Jornal Mundo Espírita

Setembro de 2019 Número 1622 Ano 87

127 horas – Uma lição de vida

agosto/2018 - Por Maria Helena Marcon

Dizem que um minuto apenas pode alterar o rumo de nossa existência. E é verdade. Um minuto de decisão acertada pode nos brindar com alegrias. Um minuto de distração, um minuto de descuido pode ocasionar um acidente de graves consequências. E tudo pode mudar: a nossa vida, a vida dos que vivem em nosso entorno, a vida de quem se envolveu em nosso mesmo acidente.

De um modo geral, quando nos saímos bem ou mal da situação criada, estamos enriquecidos de lições. A vida ensina, a todo momento.

O filme 127 horas é um exemplo disso. Baseado na história real do alpinista Aron Ralston, ocorrida em abril de 2003, retrata a sua alteração de conduta, após o grave problema que vivenciou.

Embora considerado bem humorado, ele era uma pessoa que não se relacionava muito bem com os demais.

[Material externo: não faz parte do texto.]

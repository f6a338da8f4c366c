-- ===== src/Timestamp/Civil.antt =====
-- `civil_from_days` finds the Gregorian date.
use ticklog.Base.{
  ℕ, zero, suc, ◌+◌, ◌-◌, ◌*◌, ◌/◌, ◌%◌, ◌^◌, ◌≤◌, ◌<◌, ◌≡◌, refl, arith, Bool, true, false, ◌==◌,
  if◌then◌else◌, not, ltb, leb, ◌&&◌, ◌||◌, ◌⊎◌, inl, inr, Bool-cases, and_left, and_right, ==_iff,
  ap, sym, ◌∙◌,
}
use ticklog.Base.Int.{pos, pos_part, ◌+ℤ◌, ◌-ℤ◌, scale, wrap_signed}
use ticklog.Timestamp.{era_of, civil_from_days, year_of_era, day_of_year, day_of_month, month_of}
use ticklog.Timestamp.Calendar.{
  is_leap, days_in_year, days_of_month, days_before_year, days_before_month, day_number, IsDate,
  days_before_year_closed,
}

abbrev start : ℕ → ℕ
start y = 365 * y + y / 4 - y / 100

-- The year of the era is the one whose days hold the day.
year_of_era_lem :
    (doe : ℕ)
    → doe < 146097
    → let y = year_of_era doe in (y < 400) × (start y ≤ doe) × (doe ≤ start y + 365)
year_of_era_lem doe h = (omega arith, omega arith, omega arith)

abbrev leap_day : ℕ → ℕ
leap_day y = if is_leap y then 1 else 0

-- The leap years up to `y`, by its divisions.
leap_day_lem :
    (y : ℕ)
    → (y + 3) / 4 + (y + 399) / 400 + y / 100 + leap_day y ≡ y / 4 + y / 400 + 1 + (y + 99) / 100
leap_day_lem y = ground arith

year_length : (y : ℕ) → days_in_year y ≡ 365 + leap_day y
year_length y = elim (Bool-cases (is_leap y)) [ inl e ↦ rw e refl | inr e ↦ rw e refl ]

-- Year `y` of era `e` starts on its first of March.
year_start :
    (y e : ℕ)
    → y < 400
    → days_before_year (y + 400 * e) + leap_day (y + 400 * e) ≡ 146097 * e + start y + 1
year_start y e h = omega (arith, days_before_year_closed (y + 400 * e), leap_day_lem (y + 400 * e))

next_year_start :
    (y e : ℕ) → y < 400 → days_before_year (suc (y + 400 * e)) ≡ 146097 * e + start y + 366
unfolding days_before_year
next_year_start y e h = omega (arith, year_start y e h, year_length (y + 400 * e))

-- whether a test holds of the first so many numbers
holds_for : (ℕ → Bool) → ℕ → Bool
holds_for test zero = true
holds_for test (suc m) = holds_for test m && test m

holds_for-at : (test : ℕ → Bool) {m : ℕ} (k : ℕ) → k < m → holds_for test m ≡ true → test k ≡ true
unfolding holds_for
holds_for-at test {m = zero} k small all = absurd (omega arith)
holds_for-at test {m = suc m} k small all = elim (Bool-cases (k == m)) [
  | inl last ↦ ap test ((==_iff k m).0 last) ∙ and_right _ _ all
  | inr before ↦ holds_for-at test {m = m} k (ground arith) (and_left _ _ all)
]

-- Unless the next year is a leap year, the day 365 days after the first of March is in it.
no_last_day : holds_for (λ y. is_leap (y + 1) || year_of_era (start y + 365) == y + 1) 400 ≡ true
unfolding holds_for
no_last_day = refl

is_leap_period : (y e : ℕ) → is_leap (suc (y + 400 * e)) ≡ is_leap (y + 1)
is_leap_period y e =
    let a : suc (y + 400 * e) % 400 ≡ (y + 1) % 400 = omega arith in
    let b : suc (y + 400 * e) % 100 ≡ (y + 1) % 100 = omega arith in
    let c : suc (y + 400 * e) % 4 ≡ (y + 1) % 4 = omega arith in rw (a, b, c)

-- A 366th day from March on ends a leap year's February.
last_day_leap :
    (y doe e : ℕ)
    → y < 400
    → year_of_era doe ≡ y
    → doe ≡ start y + 365
    → is_leap (suc (y + 400 * e)) ≡ true
last_day_leap y doe e h found last =
    is_leap_period y e
    ∙ leap (Bool-cases (is_leap (y + 1))) (holds_for-at _ y h no_last_day)
        (sym (ap year_of_era last) ∙ found)
  where
    leap :
        (is_leap (y + 1) ≡ true) ⊎ (is_leap (y + 1) ≡ false)
        → (is_leap (y + 1) || year_of_era (start y + 365) == y + 1) ≡ true
        → year_of_era (start y + 365) ≡ y
        → is_leap (y + 1) ≡ true
    leap (inl e') t f = e'
    leap (inr e') t f = absurd (omega (arith, (==_iff _ _).0 (rw e' at t)))

-- the date of a day from March on, in the year that it starts in or in the next
abbrev bit : Bool → ℕ
bit leap = if leap then 1 else 0

abbrev is_day : Bool → ℕ → Bool
is_day leap doy =
    ltb 0 (month_of doy)
    && leb (month_of doy) 12
    && ltb 0 (day_of_month doy)
    && leb (day_of_month doy) (days_of_month leap (month_of doy))

abbrev this_year : Bool → ℕ → Bool
this_year leap doy =
    leb (month_of doy) 2
    || (is_day leap doy
        && days_before_month leap (month_of doy - 1) + day_of_month doy == 60 + bit leap + doy)

abbrev next_year : Bool → ℕ → Bool
next_year leap doy =
    ltb 2 (month_of doy)
    || (doy == 365 && not leap)
    || (is_day leap doy
        && days_before_month leap (month_of doy - 1) + day_of_month doy + 305 == doy)

this_year_days : (holds_for (this_year true) 366 ≡ true) × (holds_for (this_year false) 366 ≡ true)
unfolding holds_for days_before_month
this_year_days = (refl, refl)

next_year_days : (holds_for (next_year true) 366 ≡ true) × (holds_for (next_year false) 366 ≡ true)
unfolding holds_for days_before_month
next_year_days = (refl, refl)

in_this_year : (leap : Bool) (doy : ℕ) → doy < 366 → this_year leap doy ≡ true
in_this_year true doy h = holds_for-at (this_year true) doy h this_year_days.0
in_this_year false doy h = holds_for-at (this_year false) doy h this_year_days.1

in_next_year : (leap : Bool) (doy : ℕ) → doy < 366 → next_year leap doy ≡ true
in_next_year true doy h = holds_for-at (next_year true) doy h next_year_days.0
in_next_year false doy h = holds_for-at (next_year false) doy h next_year_days.1

-- The date that is found for day `doe` of era `e`.
abbrev Found : ℕ → ℕ → ℕ → ℕ → ℕ → Type 0
Found e doe y m d = IsDate y m d × (day_number y m d ≡ 146097 * e + doe + 60)

late_facts :
    (m d doy before extra len : ℕ)
    → (leb m 2 || ((ltb 0 m && leb m 12 && ltb 0 d && leb d len) && before + d == 60 + extra + doy))
      ≡ true
    → leb m 2 ≡ false
    → (1 ≤ m) × (m ≤ 12) × (1 ≤ d) × (d ≤ len) × (before + d ≡ 60 + extra + doy)
late_facts m d doy before extra len h late = ground arith

early_facts :
    (leap : Bool) (m d doy before len : ℕ)
    → (ltb 2 m
        || (doy == 365 && not leap)
        || ((ltb 0 m && leb m 12 && ltb 0 d && leb d len) && before + d + 305 == doy))
      ≡ true
    → leb m 2 ≡ true
    → (doy ≡ 365 → leap ≡ true)
    → (1 ≤ m) × (m ≤ 12) × (1 ≤ d) × (d ≤ len) × (before + d + 305 ≡ doy)
early_facts true m d doy before len h early last = ground arith
early_facts false m d doy before len h early last = elim (Bool-cases (doy == 365)) [
  | inl e ↦ absurd (ground (arith, last ((==_iff _ _).0 e)))
  | inr e ↦ ground arith
]

module _ (e doe : ℕ) (h : doe < 146097) where
  abbrev yoe : ℕ
  yoe = year_of_era doe

  abbrev doy : ℕ
  doy = day_of_year doe

  split_day : (doe ≡ start yoe + doy) × (yoe < 400) × (doy < 366)
  split_day = let (small, lo, hi) = year_of_era_lem doe h in split yoe small lo hi
    where
      split :
          (y : ℕ)
          → y < 400
          → start y ≤ doe
          → doe ≤ start y + 365
          → (doe ≡ start y + (doe - start y)) × (y < 400) × (doe - start y < 366)
      split y small lo hi = omega arith

  late-Found :
      leb (month_of doy) 2 ≡ false → Found e doe (yoe + 400 * e) (month_of doy) (day_of_month doy)
  unfolding day_number
  late-Found late =
      finish yoe doy (month_of doy) (day_of_month doy) split_day.0 (year_start yoe e split_day.1)
        (late_facts _ _ _ _ _ _ (in_this_year (is_leap (yoe + 400 * e)) doy split_day.2) late)
    where
      finish :
          (y n m d : ℕ)
          → doe ≡ start y + n
          → days_before_year (y + 400 * e) + leap_day (y + 400 * e) ≡ 146097 * e + start y + 1
          → (1 ≤ m)
            × (m ≤ 12)
            × (1 ≤ d)
            × (d ≤ days_of_month (is_leap (y + 400 * e)) m)
            × (days_before_month (is_leap (y + 400 * e)) (m - 1) + d
                ≡ 60 + bit (is_leap (y + 400 * e)) + n)
          → Found e doe (y + 400 * e) m d
      finish y n m d split begin (m1, m12, d1, dlen, sum) =
          (record { month_in = (m1, m12); day_in = (d1, dlen) }, omega arith)

  early-Found :
      leb (month_of doy) 2 ≡ true
      → Found e doe (suc (yoe + 400 * e)) (month_of doy) (day_of_month doy)
  unfolding day_number
  early-Found early =
      finish yoe doy (month_of doy) (day_of_month doy) split_day.0
        (next_year_start yoe e split_day.1)
        (early_facts (is_leap (suc (yoe + 400 * e))) _ _ _ _ _
          (in_next_year (is_leap (suc (yoe + 400 * e))) doy split_day.2) early
          (λ last.
            last_day_leap yoe doe e split_day.1 refl (split_day.0 ∙ ap (λ n. start yoe + n) last)))
    where
      finish :
          (y n m d : ℕ)
          → doe ≡ start y + n
          → days_before_year (suc (y + 400 * e)) ≡ 146097 * e + start y + 366
          → (1 ≤ m)
            × (m ≤ 12)
            × (1 ≤ d)
            × (d ≤ days_of_month (is_leap (suc (y + 400 * e))) m)
            × (days_before_month (is_leap (suc (y + 400 * e))) (m - 1) + d + 305 ≡ n)
          → Found e doe (suc (y + 400 * e)) m d
      finish y n m d split begin (m1, m12, d1, dlen, sum) =
          (record { month_in = (m1, m12); day_in = (d1, dlen) }, omega arith)

-- The integer steps, where the shifted day is not negative.
shift_back : (z : ℕ) → (pos z -ℤ pos 719468) +ℤ pos 719468 ≡ pos z
shift_back z = ground arith

era_pos : (z : ℕ) → era_of (pos z) ≡ pos (z / 146097)
era_pos z = ground arith

day_of_era : (z : ℕ) → pos_part (pos z -ℤ scale (pos (z / 146097)) 146097) ≡ z % 146097
day_of_era z = ground arith

year_sum : (y e : ℕ) → pos y +ℤ scale (pos e) 400 ≡ pos (y + 400 * e)
year_sum y e = ground arith

wrap_year : (y b : ℕ) → y + b < 2 ^ 31 → wrap_signed 32 (pos y +ℤ pos b) ≡ pos (y + b)
wrap_year y b h = ground arith

-- For z below 2^39, the date that civil_from_days gives for the day z counted from 0000-03-01 is a
-- date of the Gregorian calendar, and its number, counted by the leap rule from 0000-01-01, is z +
-- 60.
pub civil_from_days-day_number :
    (z : ℕ)
    → z < 2 ^ 39
    → (y : ℕ) × (m : ℕ) × (d : ℕ) × (civil_from_days (pos z -ℤ pos 719468) ≡ (pos y, m, d))
      × IsDate y m d
      × (day_number y m d ≡ z + 60)
unfolding civil_from_days
civil_from_days-day_number z h =
    let e : ℕ = z / 146097 in
    let doe : ℕ = z % 146097 in
    let within : doe < 146097 = omega arith in
    let y : ℕ = year_of_era doe + 400 * e in
    let m : ℕ = month_of (day_of_year doe) in
    let d : ℕ = day_of_month (day_of_year doe) in
    let small : year_of_era doe < 400 = (year_of_era_lem doe within).0 in
    elim (Bool-cases (leb m 2)) [
      | inl early ↦
          let (date', number) = early-Found e doe within early in
          (
            suc y,
            m,
            d,
            rw
                (
                  shift_back z,
                  era_pos z,
                  day_of_era z,
                  year_sum (year_of_era doe) e,
                  early,
                  wrap_year y 1 (omega arith),
                )
                (cc (plus_one y)),
            date',
            omega arith,
          )
      | inr late ↦
          let (date', number) = late-Found e doe within late in
          (
            y,
            m,
            d,
            rw
                (
                  shift_back z,
                  era_pos z,
                  day_of_era z,
                  year_sum (year_of_era doe) e,
                  late,
                  wrap_year y 0 (omega arith),
                )
                (cc (plus_zero y)),
            date',
            omega arith,
          )
    ]
  where
    plus_one : (y : ℕ) → y + 1 ≡ suc y
    plus_one y = omega arith

    plus_zero : (y : ℕ) → y + 0 ≡ y
    plus_zero y = omega arith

Costumava sair em finais de semana, sem dizer a ninguém, absolutamente ninguém, aonde iria, o que pretendia fazer, quanto tempo permaneceria distante.

Ele acreditava que ninguém precisava saber de sua vida, de suas andanças. Por isso, ao programar aquele passeio pelos canyons de Utah, nos Estados Unidos, como de hábito, a ninguém falou de seu destino.

Saiu do trabalho, preparou-se, tomou seu veículo e foi. Na noite anterior, enquanto fazia os últimos preparativos, optou por não atender à chamada telefônica de sua mãe. Simplesmente ouviu o recado que ela deixou gravado na secretária eletrônica. Afinal, ele não desejava se aborrecer e sua mãe, possivelmente, viria com aquelas perguntas de sempre. As perguntas de todas as mães, aquelas que os filhos consideram tolas e desnecessárias.

Deixando seu carro no estacionamento, começou a aventura, marcada por paisagens maravilhosas. Primeiro, um longo percurso de bicicleta, procurando superar o próprio tempo. Desde criança, aprendera a amar a natureza, e os canyons pareciam o jardim da sua casa.

Seu destino, naquele sábado, era o Blue John Canyon, no leste do Condado de Wayne, Utah. E tudo transcorria muito bem, exatamente como ele planejara. Tudo… até ele sofrer uma queda e ficar com o antebraço direito preso entre a rocha e uma pedra.

Sua luta pela sobrevivência durante os cinco dias seguintes foi marcada por memórias e momentos de muita tensão. Ninguém sabia que ele estava ali. Ninguém, portanto, o procuraria. Então, aguardar por equipe de resgate estava totalmente fora de questão.

Mesmo sua família, seus amigos, habituados às suas saídas, sem tempo previsto de retorno ou informação de local de destino, cogitariam de que ele se encontrava em perigo. Se algo viessem a pensar, seria de que ele fizera uma viagem para mais distante, detendo-se um pouco mais.

E ali estava ele, prisioneiro entre as rochas. As horas foram se tornando de uma rotina agoniante. Pouca água potável, pouca comida, dores no braço preso entre as pedras, a posição incômoda em que se encontrava…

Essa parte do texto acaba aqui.